(Listed entries begins)

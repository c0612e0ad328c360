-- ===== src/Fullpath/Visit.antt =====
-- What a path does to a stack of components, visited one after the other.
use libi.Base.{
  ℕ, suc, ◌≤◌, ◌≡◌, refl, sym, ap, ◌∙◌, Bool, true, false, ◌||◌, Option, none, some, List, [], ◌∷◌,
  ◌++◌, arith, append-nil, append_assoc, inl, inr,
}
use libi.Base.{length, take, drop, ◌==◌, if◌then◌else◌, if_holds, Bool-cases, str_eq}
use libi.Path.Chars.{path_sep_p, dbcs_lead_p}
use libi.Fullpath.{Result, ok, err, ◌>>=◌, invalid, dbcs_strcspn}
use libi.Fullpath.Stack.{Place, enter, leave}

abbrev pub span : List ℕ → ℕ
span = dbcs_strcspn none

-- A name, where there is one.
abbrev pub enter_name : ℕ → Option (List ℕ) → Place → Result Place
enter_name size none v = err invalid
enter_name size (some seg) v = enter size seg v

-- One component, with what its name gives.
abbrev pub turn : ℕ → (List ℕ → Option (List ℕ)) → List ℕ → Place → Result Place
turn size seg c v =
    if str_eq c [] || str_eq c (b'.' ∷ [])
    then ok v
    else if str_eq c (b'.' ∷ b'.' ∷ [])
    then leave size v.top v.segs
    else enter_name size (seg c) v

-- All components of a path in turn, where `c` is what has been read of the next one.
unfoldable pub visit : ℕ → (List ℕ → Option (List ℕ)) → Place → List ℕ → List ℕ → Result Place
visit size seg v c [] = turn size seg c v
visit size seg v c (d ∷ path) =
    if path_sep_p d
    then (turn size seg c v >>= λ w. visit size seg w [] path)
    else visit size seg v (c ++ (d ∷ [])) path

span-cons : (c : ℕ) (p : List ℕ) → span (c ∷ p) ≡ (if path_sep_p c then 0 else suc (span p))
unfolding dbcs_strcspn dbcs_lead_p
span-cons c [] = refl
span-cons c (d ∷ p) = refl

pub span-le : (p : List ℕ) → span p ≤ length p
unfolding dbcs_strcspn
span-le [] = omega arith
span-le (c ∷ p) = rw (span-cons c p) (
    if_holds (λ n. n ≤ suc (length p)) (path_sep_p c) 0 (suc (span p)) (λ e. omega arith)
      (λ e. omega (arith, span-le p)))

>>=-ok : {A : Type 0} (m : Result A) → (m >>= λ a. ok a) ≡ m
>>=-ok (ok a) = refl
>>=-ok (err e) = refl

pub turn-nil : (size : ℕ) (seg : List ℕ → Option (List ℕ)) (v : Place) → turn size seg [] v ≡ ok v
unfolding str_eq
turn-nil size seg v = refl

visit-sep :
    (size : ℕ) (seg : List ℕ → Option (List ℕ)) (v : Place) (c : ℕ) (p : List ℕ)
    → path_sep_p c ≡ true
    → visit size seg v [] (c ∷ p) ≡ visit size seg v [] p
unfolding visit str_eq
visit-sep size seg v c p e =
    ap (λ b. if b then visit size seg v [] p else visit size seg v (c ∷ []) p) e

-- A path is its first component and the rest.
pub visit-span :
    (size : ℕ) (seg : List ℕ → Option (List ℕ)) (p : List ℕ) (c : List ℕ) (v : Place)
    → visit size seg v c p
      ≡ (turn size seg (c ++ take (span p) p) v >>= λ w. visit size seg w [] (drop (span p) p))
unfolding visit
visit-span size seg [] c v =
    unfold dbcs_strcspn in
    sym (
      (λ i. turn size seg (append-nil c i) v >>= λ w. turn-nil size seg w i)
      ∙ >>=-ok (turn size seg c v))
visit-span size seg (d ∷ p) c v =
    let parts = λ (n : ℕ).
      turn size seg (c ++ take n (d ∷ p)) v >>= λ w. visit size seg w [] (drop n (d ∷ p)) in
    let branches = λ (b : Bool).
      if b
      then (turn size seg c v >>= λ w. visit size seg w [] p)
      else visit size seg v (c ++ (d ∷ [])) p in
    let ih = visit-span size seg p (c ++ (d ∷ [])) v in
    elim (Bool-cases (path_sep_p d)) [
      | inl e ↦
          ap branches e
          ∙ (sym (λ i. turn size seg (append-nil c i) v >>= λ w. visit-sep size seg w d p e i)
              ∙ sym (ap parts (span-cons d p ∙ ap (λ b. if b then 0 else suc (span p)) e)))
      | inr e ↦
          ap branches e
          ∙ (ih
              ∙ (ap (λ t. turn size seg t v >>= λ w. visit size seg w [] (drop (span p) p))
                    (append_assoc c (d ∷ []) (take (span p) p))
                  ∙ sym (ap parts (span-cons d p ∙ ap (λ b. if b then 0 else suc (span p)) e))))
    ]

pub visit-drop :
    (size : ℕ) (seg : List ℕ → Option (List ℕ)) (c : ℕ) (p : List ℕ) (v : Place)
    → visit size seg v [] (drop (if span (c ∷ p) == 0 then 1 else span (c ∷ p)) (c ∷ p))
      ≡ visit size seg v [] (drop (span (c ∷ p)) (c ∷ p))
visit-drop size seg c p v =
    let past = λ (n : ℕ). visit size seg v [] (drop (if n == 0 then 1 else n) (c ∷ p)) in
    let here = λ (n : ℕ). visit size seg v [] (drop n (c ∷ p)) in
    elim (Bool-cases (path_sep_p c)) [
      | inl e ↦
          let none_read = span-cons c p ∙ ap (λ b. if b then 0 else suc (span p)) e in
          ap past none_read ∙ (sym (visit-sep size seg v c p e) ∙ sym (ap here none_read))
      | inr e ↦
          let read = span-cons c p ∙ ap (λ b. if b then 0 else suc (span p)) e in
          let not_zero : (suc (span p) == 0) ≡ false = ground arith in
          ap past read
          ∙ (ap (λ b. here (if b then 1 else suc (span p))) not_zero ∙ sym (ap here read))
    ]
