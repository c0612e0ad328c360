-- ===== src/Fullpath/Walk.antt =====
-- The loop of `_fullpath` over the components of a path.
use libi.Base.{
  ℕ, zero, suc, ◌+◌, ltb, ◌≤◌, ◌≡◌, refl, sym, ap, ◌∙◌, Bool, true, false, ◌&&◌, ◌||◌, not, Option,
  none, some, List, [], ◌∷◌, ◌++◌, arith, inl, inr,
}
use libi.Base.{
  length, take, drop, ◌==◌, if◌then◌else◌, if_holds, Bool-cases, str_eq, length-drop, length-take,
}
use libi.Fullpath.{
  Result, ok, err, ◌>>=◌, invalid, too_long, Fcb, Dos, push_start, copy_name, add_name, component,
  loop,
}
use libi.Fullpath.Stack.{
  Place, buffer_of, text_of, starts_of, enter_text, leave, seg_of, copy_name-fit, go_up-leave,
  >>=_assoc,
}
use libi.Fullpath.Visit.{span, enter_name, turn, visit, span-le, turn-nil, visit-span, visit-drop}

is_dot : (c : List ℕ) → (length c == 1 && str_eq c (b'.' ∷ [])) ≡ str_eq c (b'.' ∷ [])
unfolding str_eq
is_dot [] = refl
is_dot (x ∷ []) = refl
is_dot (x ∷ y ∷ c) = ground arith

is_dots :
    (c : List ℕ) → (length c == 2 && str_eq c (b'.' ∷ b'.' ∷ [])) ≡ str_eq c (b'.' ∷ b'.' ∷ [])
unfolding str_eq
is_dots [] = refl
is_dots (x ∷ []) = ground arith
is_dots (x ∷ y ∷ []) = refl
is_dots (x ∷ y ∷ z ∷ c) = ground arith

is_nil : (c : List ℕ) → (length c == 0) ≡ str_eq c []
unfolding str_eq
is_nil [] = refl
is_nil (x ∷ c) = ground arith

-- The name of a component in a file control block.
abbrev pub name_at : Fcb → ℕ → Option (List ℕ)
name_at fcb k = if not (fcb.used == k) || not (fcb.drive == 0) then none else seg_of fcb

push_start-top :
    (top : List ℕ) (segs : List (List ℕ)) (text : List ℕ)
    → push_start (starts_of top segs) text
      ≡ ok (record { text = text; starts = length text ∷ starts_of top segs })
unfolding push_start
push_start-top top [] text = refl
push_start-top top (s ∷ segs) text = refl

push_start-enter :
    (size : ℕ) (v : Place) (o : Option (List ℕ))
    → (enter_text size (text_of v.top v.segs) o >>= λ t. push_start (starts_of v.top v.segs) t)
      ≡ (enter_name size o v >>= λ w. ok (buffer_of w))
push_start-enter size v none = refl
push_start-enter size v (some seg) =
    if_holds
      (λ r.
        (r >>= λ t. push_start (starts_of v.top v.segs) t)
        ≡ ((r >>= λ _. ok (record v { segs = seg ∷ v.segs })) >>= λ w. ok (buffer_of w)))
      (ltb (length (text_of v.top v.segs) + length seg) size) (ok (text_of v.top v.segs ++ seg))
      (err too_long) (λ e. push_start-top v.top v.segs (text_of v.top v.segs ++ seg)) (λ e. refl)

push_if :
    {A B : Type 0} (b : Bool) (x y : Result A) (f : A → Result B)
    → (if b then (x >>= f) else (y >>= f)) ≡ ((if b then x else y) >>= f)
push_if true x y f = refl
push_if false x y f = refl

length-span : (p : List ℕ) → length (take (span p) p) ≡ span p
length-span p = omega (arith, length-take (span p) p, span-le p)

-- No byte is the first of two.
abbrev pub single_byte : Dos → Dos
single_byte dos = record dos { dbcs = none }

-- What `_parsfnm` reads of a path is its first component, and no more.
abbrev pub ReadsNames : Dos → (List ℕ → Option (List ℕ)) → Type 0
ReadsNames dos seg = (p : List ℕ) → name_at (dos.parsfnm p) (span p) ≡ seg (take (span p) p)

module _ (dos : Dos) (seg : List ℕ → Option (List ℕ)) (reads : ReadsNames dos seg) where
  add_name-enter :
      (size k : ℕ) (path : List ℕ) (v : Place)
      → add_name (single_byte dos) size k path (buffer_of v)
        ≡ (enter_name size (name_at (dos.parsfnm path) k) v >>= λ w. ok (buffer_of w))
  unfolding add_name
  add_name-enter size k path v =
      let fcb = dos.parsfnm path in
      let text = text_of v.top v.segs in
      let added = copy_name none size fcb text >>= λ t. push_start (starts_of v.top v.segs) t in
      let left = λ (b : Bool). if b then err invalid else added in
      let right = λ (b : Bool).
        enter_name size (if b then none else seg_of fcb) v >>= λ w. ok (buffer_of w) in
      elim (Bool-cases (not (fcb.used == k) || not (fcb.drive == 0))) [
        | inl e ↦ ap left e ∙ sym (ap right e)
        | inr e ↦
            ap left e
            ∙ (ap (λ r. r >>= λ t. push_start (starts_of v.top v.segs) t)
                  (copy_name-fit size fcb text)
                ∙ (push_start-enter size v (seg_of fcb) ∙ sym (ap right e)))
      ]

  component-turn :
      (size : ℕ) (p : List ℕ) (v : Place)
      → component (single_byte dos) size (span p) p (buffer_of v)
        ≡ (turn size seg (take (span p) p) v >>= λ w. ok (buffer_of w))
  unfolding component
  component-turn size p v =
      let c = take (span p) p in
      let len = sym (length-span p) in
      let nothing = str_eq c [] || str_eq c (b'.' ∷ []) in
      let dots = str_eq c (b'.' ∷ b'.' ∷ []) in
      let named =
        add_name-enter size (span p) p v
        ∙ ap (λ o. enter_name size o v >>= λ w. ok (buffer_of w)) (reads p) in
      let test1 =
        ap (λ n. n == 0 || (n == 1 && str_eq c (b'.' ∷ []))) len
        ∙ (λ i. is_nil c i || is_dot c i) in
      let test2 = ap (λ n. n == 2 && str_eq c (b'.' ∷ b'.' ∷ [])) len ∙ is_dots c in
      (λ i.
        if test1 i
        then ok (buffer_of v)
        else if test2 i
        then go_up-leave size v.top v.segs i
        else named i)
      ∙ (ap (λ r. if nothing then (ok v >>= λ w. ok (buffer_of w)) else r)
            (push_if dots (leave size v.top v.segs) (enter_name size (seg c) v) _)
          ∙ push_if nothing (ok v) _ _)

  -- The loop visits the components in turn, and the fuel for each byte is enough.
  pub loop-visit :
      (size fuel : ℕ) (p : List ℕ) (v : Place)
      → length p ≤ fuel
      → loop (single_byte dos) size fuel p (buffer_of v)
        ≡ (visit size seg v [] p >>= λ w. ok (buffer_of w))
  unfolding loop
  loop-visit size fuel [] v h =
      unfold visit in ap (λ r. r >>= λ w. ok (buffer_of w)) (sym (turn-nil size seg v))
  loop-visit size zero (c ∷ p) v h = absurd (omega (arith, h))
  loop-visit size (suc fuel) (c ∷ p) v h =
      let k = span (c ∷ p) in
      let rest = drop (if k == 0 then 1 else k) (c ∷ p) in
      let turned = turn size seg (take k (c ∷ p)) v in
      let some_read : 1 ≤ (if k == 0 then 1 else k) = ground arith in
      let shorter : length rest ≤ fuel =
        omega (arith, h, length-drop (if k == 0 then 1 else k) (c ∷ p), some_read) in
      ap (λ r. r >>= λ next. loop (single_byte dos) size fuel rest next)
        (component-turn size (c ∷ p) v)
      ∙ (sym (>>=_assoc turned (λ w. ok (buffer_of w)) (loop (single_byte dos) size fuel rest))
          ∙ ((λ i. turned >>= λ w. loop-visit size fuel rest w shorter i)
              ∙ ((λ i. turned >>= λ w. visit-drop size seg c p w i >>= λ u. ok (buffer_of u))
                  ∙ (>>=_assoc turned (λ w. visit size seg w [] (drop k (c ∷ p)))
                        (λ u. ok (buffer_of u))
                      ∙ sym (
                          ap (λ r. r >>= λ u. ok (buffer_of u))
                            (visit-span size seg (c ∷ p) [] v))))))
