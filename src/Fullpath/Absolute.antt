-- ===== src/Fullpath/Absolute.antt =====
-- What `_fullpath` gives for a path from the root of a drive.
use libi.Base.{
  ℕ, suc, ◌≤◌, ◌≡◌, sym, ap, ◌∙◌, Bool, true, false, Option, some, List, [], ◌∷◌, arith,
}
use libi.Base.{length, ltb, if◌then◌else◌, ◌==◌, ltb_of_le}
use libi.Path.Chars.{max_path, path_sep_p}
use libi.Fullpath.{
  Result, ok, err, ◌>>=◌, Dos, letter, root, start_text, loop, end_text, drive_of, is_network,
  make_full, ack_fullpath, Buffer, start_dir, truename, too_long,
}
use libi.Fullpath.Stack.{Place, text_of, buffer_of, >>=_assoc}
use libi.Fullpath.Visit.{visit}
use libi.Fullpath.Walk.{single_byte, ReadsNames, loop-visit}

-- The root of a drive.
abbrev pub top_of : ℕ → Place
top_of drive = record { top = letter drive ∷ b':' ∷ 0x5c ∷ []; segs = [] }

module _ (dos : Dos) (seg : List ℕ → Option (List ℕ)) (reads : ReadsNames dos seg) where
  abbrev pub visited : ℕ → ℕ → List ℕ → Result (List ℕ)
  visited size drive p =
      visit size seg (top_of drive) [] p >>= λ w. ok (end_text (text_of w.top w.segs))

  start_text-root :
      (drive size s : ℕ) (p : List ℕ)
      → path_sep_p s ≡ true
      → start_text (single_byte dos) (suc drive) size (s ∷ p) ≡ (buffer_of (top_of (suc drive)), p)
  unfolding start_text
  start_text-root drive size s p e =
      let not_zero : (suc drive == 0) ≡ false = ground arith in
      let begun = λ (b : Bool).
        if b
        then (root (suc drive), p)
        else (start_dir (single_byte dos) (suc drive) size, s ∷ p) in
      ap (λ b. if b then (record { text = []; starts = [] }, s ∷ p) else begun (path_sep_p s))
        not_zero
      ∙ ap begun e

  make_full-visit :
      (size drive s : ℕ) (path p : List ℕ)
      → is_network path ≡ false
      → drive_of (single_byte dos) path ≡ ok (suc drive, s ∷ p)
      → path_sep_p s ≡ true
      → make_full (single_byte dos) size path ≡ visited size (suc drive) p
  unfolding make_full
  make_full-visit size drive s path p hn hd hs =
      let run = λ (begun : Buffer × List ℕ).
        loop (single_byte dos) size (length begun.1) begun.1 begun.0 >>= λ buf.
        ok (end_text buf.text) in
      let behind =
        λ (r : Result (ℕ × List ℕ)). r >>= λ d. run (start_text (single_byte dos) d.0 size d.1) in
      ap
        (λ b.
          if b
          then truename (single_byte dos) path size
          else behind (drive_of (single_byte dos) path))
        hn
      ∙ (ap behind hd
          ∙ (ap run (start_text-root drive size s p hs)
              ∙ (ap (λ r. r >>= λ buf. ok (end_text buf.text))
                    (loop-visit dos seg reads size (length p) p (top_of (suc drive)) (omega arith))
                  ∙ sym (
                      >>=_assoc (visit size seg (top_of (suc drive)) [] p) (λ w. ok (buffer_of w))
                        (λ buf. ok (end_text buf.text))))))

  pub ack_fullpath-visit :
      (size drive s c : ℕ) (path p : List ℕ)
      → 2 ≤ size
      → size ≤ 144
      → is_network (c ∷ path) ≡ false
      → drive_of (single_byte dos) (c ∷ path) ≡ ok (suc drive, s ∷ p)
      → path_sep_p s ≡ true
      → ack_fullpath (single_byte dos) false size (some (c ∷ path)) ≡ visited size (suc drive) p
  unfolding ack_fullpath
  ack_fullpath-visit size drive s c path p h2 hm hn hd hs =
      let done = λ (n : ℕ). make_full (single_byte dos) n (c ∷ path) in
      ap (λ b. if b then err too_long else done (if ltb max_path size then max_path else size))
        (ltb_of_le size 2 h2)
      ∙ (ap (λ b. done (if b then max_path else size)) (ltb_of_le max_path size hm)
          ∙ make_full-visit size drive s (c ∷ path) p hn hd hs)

(Listed entries ends)

*Your task*
Leave out every line above except those from the line with "add_name-enter size k" up to and including the line with "component-turn size p", and copy those exactly.

*Output for this task*
  add_name-enter size k path v =
      let fcb = dos.parsfnm path in
      let text = text_of v.top v.segs in
      let added = copy_name none size fcb text >>= λ t. push_start (starts_of v.top v.segs) t in
      let left = λ (b : Bool). if b then err invalid else added in
      let right = λ (b : Bool).
        enter_name size (if b then none else seg_of fcb) v >>= λ w. ok (buffer_of w) in
      elim (Bool-cases (not (fcb.used == k) || not (fcb.drive == 0))) [
        | inl e ↦ ap left e ∙ sym (ap right e)
        | inr e ↦
            ap left e
            ∙ (ap (λ r. r >>= λ t. push_start (starts_of v.top v.segs) t)
                  (copy_name-fit size fcb text)
                ∙ (push_start-enter size v (seg_of fcb) ∙ sym (ap right e)))
      ]

  component-turn :
      (size : ℕ) (p : List ℕ) (v : Place)
      → component (single_byte dos) size (span p) p (buffer_of v)
        ≡ (turn size seg (take (span p) p) v >>= λ w. ok (buffer_of w))
  unfolding component
  component-turn size p v =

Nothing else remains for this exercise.